System Reliability & Performance  

  • Own the reliability, scalability, and performance of core production systems.  
  • Perform advanced performance troubleshooting and tuning across OS, network, and application layers.  
  • Optimize resource usage on bare-metal Linux servers to maximize efficiency and reliability 

Data Infrastructure Reliability  

  • Operate and scale our enterprise messaging and event streaming system with Kafka.  
  • Ensure high availability and performance of our data warehouse with ClickHouse.  

Automation & Observability  

  • Enhance system observability through metrics, tracing, and logging (Prometheus, Grafana, CheckMK, OpenTelemetry).  
  • Design and maintain alerting systems that balance coverage with actionable signals.  

Incident Response & Coordination

  • Lead high-severity incident response and cross-team coordination as the arbiter when failures have multi-team impact.  
  • Drive blameless postmortems and systemic improvements.  

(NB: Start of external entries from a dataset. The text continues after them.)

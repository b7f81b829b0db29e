-- ===== src/Network/CompareZip.antt =====
-- The comparison loop of `simpMergeNetwork` in src/pme/util/sorting_network.cpp.
use pme.Base.{
  ℕ, zero, suc, ◌+◌, ◌*◌, ◌≤◌, ◌≡◌, refl, ap, Bool, true, false, ◌||◌, List, [], ◌∷◌, ◌++◌, length,
  take, arith, ok, Returns, All-split,
}
use pme.Literal.{PmeId, ClauseVec}
use pme.Variables.{VariableManager}
use pme.Cnf.{Valuation, lit_value, Sat}
use pme.Network.{CnfNetwork, back}
use pme.Network.Build.{wires, join}
use pme.Network.Simplified.{compare_zip}
use pme.Network.Prefix.{TruePrefix, FalseFrom}
use pme.Network.Comparator.{Compares, comp_clauses-Compares}
use pme.Network.Pairs.{compared, comparator_lem, TruePrefix-add-nil, pair_trues, pair_falses}

module _ (v : Valuation) where
  pub TruePrefix-append_left :
      (k : ℕ) (xs ys : List PmeId) → TruePrefix v k xs → TruePrefix v k (xs ++ ys)
  TruePrefix-append_left zero xs ys h = tt
  TruePrefix-append_left (suc k) [] ys h = absurd h
  TruePrefix-append_left (suc k) (x ∷ xs) ys h = (h.0, TruePrefix-append_left k xs ys h.1)

  pub TruePrefix-append_one :
      (xs : List PmeId) (y : PmeId)
      → TruePrefix v (length xs) xs
      → lit_value v y ≡ true
      → TruePrefix v (suc (length xs)) (xs ++ y ∷ [])
  TruePrefix-append_one [] y h e = (e, tt)
  TruePrefix-append_one (x ∷ xs) y h e = (h.0, TruePrefix-append_one xs y h.1 e)

  pub FalseFrom-append_one :
      (k : ℕ) (xs : List PmeId) (y : PmeId)
      → FalseFrom v k xs
      → (k ≤ length xs → lit_value v y ≡ false)
      → FalseFrom v k (xs ++ y ∷ [])
  FalseFrom-append_one zero [] y h f = (f (omega arith), tt)
  FalseFrom-append_one (suc k) [] y h f = tt
  FalseFrom-append_one zero (x ∷ xs) y h f =
      (h.0, FalseFrom-append_one zero xs y h.1 (λ l. f (omega arith)))
  FalseFrom-append_one (suc k) (x ∷ xs) y h f = FalseFrom-append_one k xs y h (λ l. f (omega arith))

pub take_all : (n : ℕ) (xs : List PmeId) → length xs ≤ n → take n xs ≡ xs
take_all zero [] h = refl
take_all zero (x ∷ xs) h = absurd (omega arith)
take_all (suc n) [] h = refl
take_all (suc n) (x ∷ xs) h = ap (λ ys. x ∷ ys) (take_all n xs (omega arith))

-- The last entry, which is true if all are, and false if the entries are false from it on.
pub back_lem :
    (x : PmeId) (xs : List PmeId)
    → (b : PmeId) × (back (x ∷ xs) ≡ ok b)
      × ((v : Valuation) → TruePrefix v (length (x ∷ xs)) (x ∷ xs) → lit_value v b ≡ true)
      × ((v : Valuation) → FalseFrom v (length xs) (x ∷ xs) → lit_value v b ≡ false)
unfolding back
back_lem x [] = (x, refl, (λ v h. h.0), (λ v h. h.0))
back_lem x (y ∷ xs) =
    let (b, last, t, f) = back_lem y xs in (b, last, (λ v h. t v h.1), (λ v h. f v h))

-- What the loop makes of the first `n` entries of both sides.
pub record ZipMerged (n : ℕ) (es os : List PmeId) (le ge : Bool) (net : CnfNetwork) : Type 0 where
  pub size : length net.outputs ≡ 2 * n
  pub trues :
      le ≡ true
      → (v : Valuation) → Sat v net.clauses
      → (i j : ℕ) → i ≤ j + 1
      → j ≤ i + 1
      → TruePrefix v i (take n es)
      → TruePrefix v j (take n os)
      → TruePrefix v (i + j) net.outputs
  pub falses :
      ge ≡ true
      → (v : Valuation) → Sat v net.clauses
      → (i j : ℕ) → i ≤ j + 1
      → j ≤ i + 1
      → FalseFrom v i (take n es)
      → FalseFrom v j (take n os)
      → FalseFrom v (i + j) net.outputs

module _ (le ge : Bool) where
  pub ZipMerged-zero : (es os : List PmeId) → ZipMerged 0 es os le ge (wires [])
  ZipMerged-zero es os = record {
    size = refl;
    trues = λ d v s i j n m p q. TruePrefix-add-nil v i j p q;
    falses = λ d v s i j n m p q. tt;
  }

  pub ZipMerged-step :
      (n : ℕ) (e o y₁ y₂ : PmeId) (es os : List PmeId) (cls : ClauseVec) (rest : CnfNetwork)
      → ((v : Valuation) → Sat v cls → Compares v e o y₁ y₂ le ge)
      → ZipMerged n es os le ge rest
      → ZipMerged
          (suc n)
          (e ∷ es)
          (o ∷ os)
          le
          ge
          (join (record { outputs = y₁ ∷ y₂ ∷ []; clauses = cls }) rest)
  unfolding join
  ZipMerged-step n e o y₁ y₂ es os cls rest cmp m = record {
    size = omega (arith, m.size);
    trues = λ d v s.
        let (here, there) = All-split _ cls rest.clauses s in
        pair_trues v e o y₁ y₂ (take n es) (take n os) rest.outputs ((cmp v here).some_true d)
          ((cmp v here).both_true d) (m.trues d v there);
    falses = λ d v s.
        let (here, there) = All-split _ cls rest.clauses s in
        pair_falses v e o y₁ y₂ (take n es) (take n os) rest.outputs ((cmp v here).both_false d)
          ((cmp v here).some_false d) (m.falses d v there);
  }

  module _ (either : (le || ge) ≡ true) where
    pub compare_zip-ZipMerged :
        (n : ℕ) (es os : List PmeId) (vm : VariableManager)
        → n ≤ length es
        → n ≤ length os
        → Returns (compare_zip n es os le ge vm) (λ r. ZipMerged n es os le ge r.0)
    unfolding compare_zip
    compare_zip-ZipMerged zero es os vm h k = ((wires [], vm), refl, ZipMerged-zero es os)
    compare_zip-ZipMerged (suc n) [] os vm h k = absurd (omega arith)
    compare_zip-ZipMerged (suc n) (e ∷ es) [] vm h k = absurd (omega arith)
    compare_zip-ZipMerged (suc n) (e ∷ es) (o ∷ os) vm h k =
        let pair = compared e o le ge vm in
        let (rest, run, m) = compare_zip-ZipMerged n es os pair.1 (omega arith) (omega arith) in
        (
          (join pair.0 rest.0, rest.1),
          rw (comparator_lem e o le ge vm either, run),
          ZipMerged-step n e o _ _ es os pair.0.clauses rest.0
              (λ v s. comp_clauses-Compares v e o _ _ le ge s) m,
        )
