-- ===== src/Network/Bounded.antt =====
-- The loops of `simpMergeNetwork` in src/pme/util/sorting_network.cpp, which stop at the bound.
use pme.Base.{
  ℕ, suc, ◌+◌, ◌-◌, ◌*◌, ◌/◌, ◌%◌, ◌≤◌, ◌<◌, ◌≡◌, subst, Bool, true, false, ◌||◌, List, [], ◌∷◌,
  ◌++◌, length, length-append, min, arith, Result, ok, All-split, inl, inr, ◌⊎◌, ==_iff, ◌==◌,
}
use pme.Literal.{PmeId, ClauseVec}
use pme.Variables.{VariableManager, fresh}
use pme.Cnf.{Valuation, lit_value, Sat}
use pme.Network.{CnfNetwork, or_clauses, partial_comp, back}
use pme.Network.Build.{Built, join, uncons}
use pme.Network.Simplified.{compare_zip, disjunction, zip_even_bound, zip_odd_bound}
use pme.Network.Prefix.{
  TruePrefix, FalseFrom, TruePrefix-mono, FalseFrom-mono, TruePrefix-take, FalseFrom-take,
}
use pme.Network.Comparator.{Disjoins, or_clauses-Disjoins}
use pme.Network.CompareZip.{
  compare_zip-ZipMerged, TruePrefix-append_left, TruePrefix-append_one, FalseFrom-append_one,
  take_all, back_lem, ZipMerged,
}

-- The entries after the first, for a bound `m` on their number.
pub record Capped (m : ℕ) (es os : List PmeId) (le ge : Bool) (net : CnfNetwork) : Type 0 where
  pub size : length net.outputs ≡ m
  pub trues :
      le ≡ true
      → (v : Valuation) → Sat v net.clauses
      → (i j : ℕ) → i ≤ j + 1
      → j ≤ i + 1
      → TruePrefix v i es
      → TruePrefix v j os
      → TruePrefix v (min (i + j) m) net.outputs
  pub falses :
      ge ≡ true
      → (v : Valuation) → Sat v net.clauses
      → (i j : ℕ) → i ≤ j + 1
      → j ≤ i + 1
      → FalseFrom v i es
      → FalseFrom v j os
      → FalseFrom v (i + j) net.outputs

-- All pairs are compared.
ZipMerged-Capped :
    (n : ℕ) (es os : List PmeId) (le ge : Bool) (net : CnfNetwork)
    → length es ≤ n
    → length os ≤ n
    → ZipMerged n es os le ge net
    → Capped (2 * n) es os le ge net
ZipMerged-Capped n es os le ge net h k m = record {
  size = m.size;
  trues = λ d v s i j near near' p q.
      TruePrefix-mono v (min (i + j) (2 * n)) (i + j) net.outputs (omega arith)
        (m.trues d v s i j near near' (rw (take_all n es h) p) (rw (take_all n os k) q));
  falses = λ d v s i j near near' p q.
      m.falses d v s i j near near' (rw (take_all n es h) p) (rw (take_all n os k) q);
}

-- Of the last pair only the disjunction is made.
module _ (n : ℕ) (es os : List PmeId) (le ge : Bool) (pairs : CnfNetwork) (a b y : PmeId)
    (cls : ClauseVec) (full : length es ≡ suc n) (full' : length os ≡ suc n)
    (m : ZipMerged n es os le ge pairs)
    (a_true : (v : Valuation) → TruePrefix v (suc n) es → lit_value v a ≡ true)
    (a_false : (v : Valuation) → FalseFrom v n es → lit_value v a ≡ false)
    (b_true : (v : Valuation) → TruePrefix v (suc n) os → lit_value v b ≡ true)
    (b_false : (v : Valuation) → FalseFrom v n os → lit_value v b ≡ false)
    (disjoins : (v : Valuation) → Sat v cls → Disjoins v a b y le ge) where
  abbrev last_net : CnfNetwork
  last_net = record { outputs = pairs.outputs ++ y ∷ []; clauses = pairs.clauses ++ cls }

  last_trues :
      le ≡ true
      → (v : Valuation) → Sat v last_net.clauses
      → (i j : ℕ) → i ≤ j + 1
      → j ≤ i + 1
      → TruePrefix v i es
      → TruePrefix v j os
      → TruePrefix v (min (i + j) (2 * n + 1)) last_net.outputs
  last_trues d v s i j near near' p q =
      let (s₁, s₂) = All-split _ pairs.clauses cls s in
      let i' = min i n in
      let j' = min j n in
      let front : TruePrefix v (i' + j') pairs.outputs =
        m.trues d v s₁ i' j' (omega arith) (omega arith) (TruePrefix-take v n i es p)
          (TruePrefix-take v n j os q) in
      let either_full : (i + j ≤ i' + j') ⊎ ((n < i) ⊎ (n < j)) = omega arith in
      let all = λ (y_true : lit_value v y ≡ true) (h : length pairs.outputs ≤ i' + j').
        TruePrefix-mono v (min (i + j) (2 * n + 1)) (suc (length pairs.outputs)) last_net.outputs
          (omega (arith, m.size))
          (TruePrefix-append_one v pairs.outputs y
            (TruePrefix-mono v (length pairs.outputs) (i' + j') pairs.outputs h front) y_true) in
      elim either_full [
        | inl few ↦ TruePrefix-append_left v (min (i + j) (2 * n + 1)) pairs.outputs (y ∷ []) (
            TruePrefix-mono v (min (i + j) (2 * n + 1)) (i' + j') pairs.outputs (omega arith) front)
        | inr (inl i_full) ↦
            all
              ((disjoins v s₂).some_true d
                (ground (arith, a_true v (TruePrefix-mono v (suc n) i es i_full p))))
              (omega (arith, m.size))
        | inr (inr j_full) ↦
            all
              ((disjoins v s₂).some_true d
                (ground (arith, b_true v (TruePrefix-mono v (suc n) j os j_full q))))
              (omega (arith, m.size))
      ]

  last_falses :
      ge ≡ true
      → (v : Valuation) → Sat v last_net.clauses
      → (i j : ℕ) → i ≤ j + 1
      → j ≤ i + 1
      → FalseFrom v i es
      → FalseFrom v j os
      → FalseFrom v (i + j) last_net.outputs
  last_falses d v s i j near near' p q =
      let (s₁, s₂) = All-split _ pairs.clauses cls s in
      let front =
        m.falses d v s₁ i j near near' (FalseFrom-take v n i es p) (FalseFrom-take v n j os q) in
      FalseFrom-append_one v (i + j) pairs.outputs y front (λ l. (disjoins v s₂).both_false d (
        ground (
          arith,
          a_false v (FalseFrom-mono v i n es (omega (arith, m.size)) p),
          b_false v (FalseFrom-mono v j n os (omega (arith, m.size)) q),
        )))

  pub last-Capped : Capped (2 * n + 1) es os le ge last_net
  last-Capped = record {
    size = omega (arith, m.size, length-append pairs.outputs (y ∷ []));
    trues = last_trues;
    falses = last_falses;
  }

pub disjunction_lem :
    (x₁ x₂ : PmeId) (le ge : Bool) (vm : VariableManager)
    → (le || ge) ≡ true
    → disjunction x₁ x₂ le ge vm
      ≡ ok (
        record { outputs = (fresh vm).0 ∷ []; clauses = or_clauses x₁ x₂ (fresh vm).0 le ge },
        (fresh vm).1,
      )
unfolding disjunction partial_comp
disjunction_lem x₁ x₂ le ge vm d = rw d

-- Both ends of `simpMergeNetwork`: after the first entry of the even side come `c - 1` outputs.
abbrev pub Caps : ℕ → PmeId → List PmeId → List PmeId → Bool → Bool → Result Built → Type 0
Caps m e es os le ge r =
    (rest : CnfNetwork) × (vm : VariableManager) × (r
      ≡ ok (record { outputs = e ∷ rest.outputs; clauses = rest.clauses }, vm))
    × Capped m es os le ge rest

module _ (c : ℕ) (e : PmeId) (es os : List PmeId) (le ge : Bool) (vm : VariableManager)
    (either : (le || ge) ≡ true) where
  pub zip_odd_bound-Caps :
      c % 2 ≡ 1
      → length es ≡ c / 2
      → length os ≡ c / 2
      → Caps (c - 1) e es os le ge (zip_odd_bound c (e ∷ es) os le ge vm)
  unfolding zip_odd_bound uncons join
  zip_odd_bound-Caps odd h k =
      let (pairs, run, m) =
        compare_zip-ZipMerged le ge either ((c - 1) / 2) es os vm (omega arith) (omega arith) in
      let capped =
        ZipMerged-Capped ((c - 1) / 2) es os le ge pairs.0 (omega arith) (omega arith) m in
      let bound : 2 * ((c - 1) / 2) ≡ c - 1 = omega arith in
      let t₁ : (length os == (c - 1) / 2) ≡ true = (==_iff _ _).1 (omega arith) in
      let t₂ : (suc (length es) == (c + 1) / 2) ≡ true = (==_iff _ _).1 (omega arith) in
      (pairs.0, pairs.1, rw (t₁, t₂, run), subst (λ m. Capped m es os le ge pairs.0) bound capped)

  zip_even_bound-run :
      (pairs : Built) (a b : PmeId)
      → (length (e ∷ es) == c / 2 + 1) ≡ true
      → (length os == c / 2) ≡ true
      → compare_zip (c / 2 - 1) es os le ge vm ≡ ok pairs
      → back (e ∷ es) ≡ ok a
      → back os ≡ ok b
      → zip_even_bound c (e ∷ es) os le ge vm
        ≡ ok (
          record {
            outputs = e ∷ (pairs.0.outputs ++ (fresh pairs.1).0 ∷ []);
            clauses = pairs.0.clauses ++ or_clauses a b (fresh pairs.1).0 le ge;
          },
          (fresh pairs.1).1,
        )
  unfolding zip_even_bound uncons join
  zip_even_bound-run pairs a b t₁ t₂ r₁ r₂ r₃ =
      rw (t₁, t₂, r₁, r₂, r₃, disjunction_lem a b le ge pairs.1 either)

module _ (c : ℕ) (e : PmeId) (le ge : Bool) (vm : VariableManager)
    (either : (le || ge) ≡ true) where
  pub zip_even_bound-Caps :
      (es os : List PmeId)
      → c % 2 ≡ 0
      → 0 < c
      → length es ≡ c / 2
      → length os ≡ c / 2
      → Caps (c - 1) e es os le ge (zip_even_bound c (e ∷ es) os le ge vm)
  unfolding back
  zip_even_bound-Caps [] os even pos h k = absurd (omega arith)
  zip_even_bound-Caps (x ∷ es) [] even pos h k = absurd (omega arith)
  zip_even_bound-Caps (x ∷ es) (o ∷ os) even pos h k =
      let n = c / 2 - 1 in
      let (pairs, r₁, m) =
        compare_zip-ZipMerged le ge either n (x ∷ es) (o ∷ os) vm (omega arith) (omega arith) in
      let (a, r₂, a_true, a_false) = back_lem x es in
      let (b, r₃, b_true, b_false) = back_lem o os in
      let width : length es ≡ n = omega arith in
      let width' : length os ≡ n = omega arith in
      let y = (fresh pairs.1).0 in
      let capped =
        last-Capped n (x ∷ es) (o ∷ os) le ge pairs.0 a b y (or_clauses a b y le ge) (omega arith)
          (omega arith) m (λ v t. a_true v (rw width t)) (λ v f. a_false v (rw width f))
          (λ v t. b_true v (rw width' t)) (λ v f. b_false v (rw width' f))
          (λ v s. or_clauses-Disjoins v a b y le ge s) in
      let net : CnfNetwork = record {
        outputs = pairs.0.outputs ++ y ∷ [];
        clauses = pairs.0.clauses ++ or_clauses a b y le ge;
      } in
      let bound : 2 * n + 1 ≡ c - 1 = omega arith in
      (
        net,
        (fresh pairs.1).1,
        zip_even_bound-run c e (x ∷ es) (o ∷ os) le ge vm either pairs a b
            ((==_iff _ _).1 (omega arith)) ((==_iff _ _).1 (omega arith)) r₁ r₂ r₃,
        subst (λ m. Capped m (x ∷ es) (o ∷ os) le ge net) bound capped,
      )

Reliability Culture & Mentorship  

  • Mentor engineers on performance tuning, deployment safety, and reliability-first design.
  • Promote a culture of automation, ownership, and operational excellence.

REQUIREMENTS

Experience  

  • 5+ years in SRE, systems engineering, or infrastructure-focused roles (with at least 2+ years in a senior or lead position).  
  • Strong track record managing large-scale production systems on bare-metal Linux.  

Technical Skills  

  • Expert-level skills in Linux internals, system performance troubleshooting, and tuning.  
  • Hands-on experience operating and scaling Kafka or equivalent messaging systems.  
  • Hands-on experience operating and scaling ClickHouse or similar OLAP database.  
  • Solid coding/scripting ability in Python, Go, or Bash.  
  • Proficiency with Infrastructure-as-Code tools (Terraform, Ansible, etc.).  
  • Experience building and operating highly available distributed systems.  

Soft Skills 

  • Analytical problem-solver with a strong performance-first mindset.  
  • Advocates for automation and reducing toil.  
  • Communicates clearly across both technical and non-technical teams.  
  • Thrives in high-accountability, reliability-driven environments.  

Nice-to-Have  

  • Hands-on experience operating Kubernetes clusters on a scale. 
  • Familiarity with modern Data Lakehouse architecture. 
  • Prior experience with capacity planning and benchmarking at scale.

HIRING PROCESS 

Phone Screening > Onsite Interviews > Offering.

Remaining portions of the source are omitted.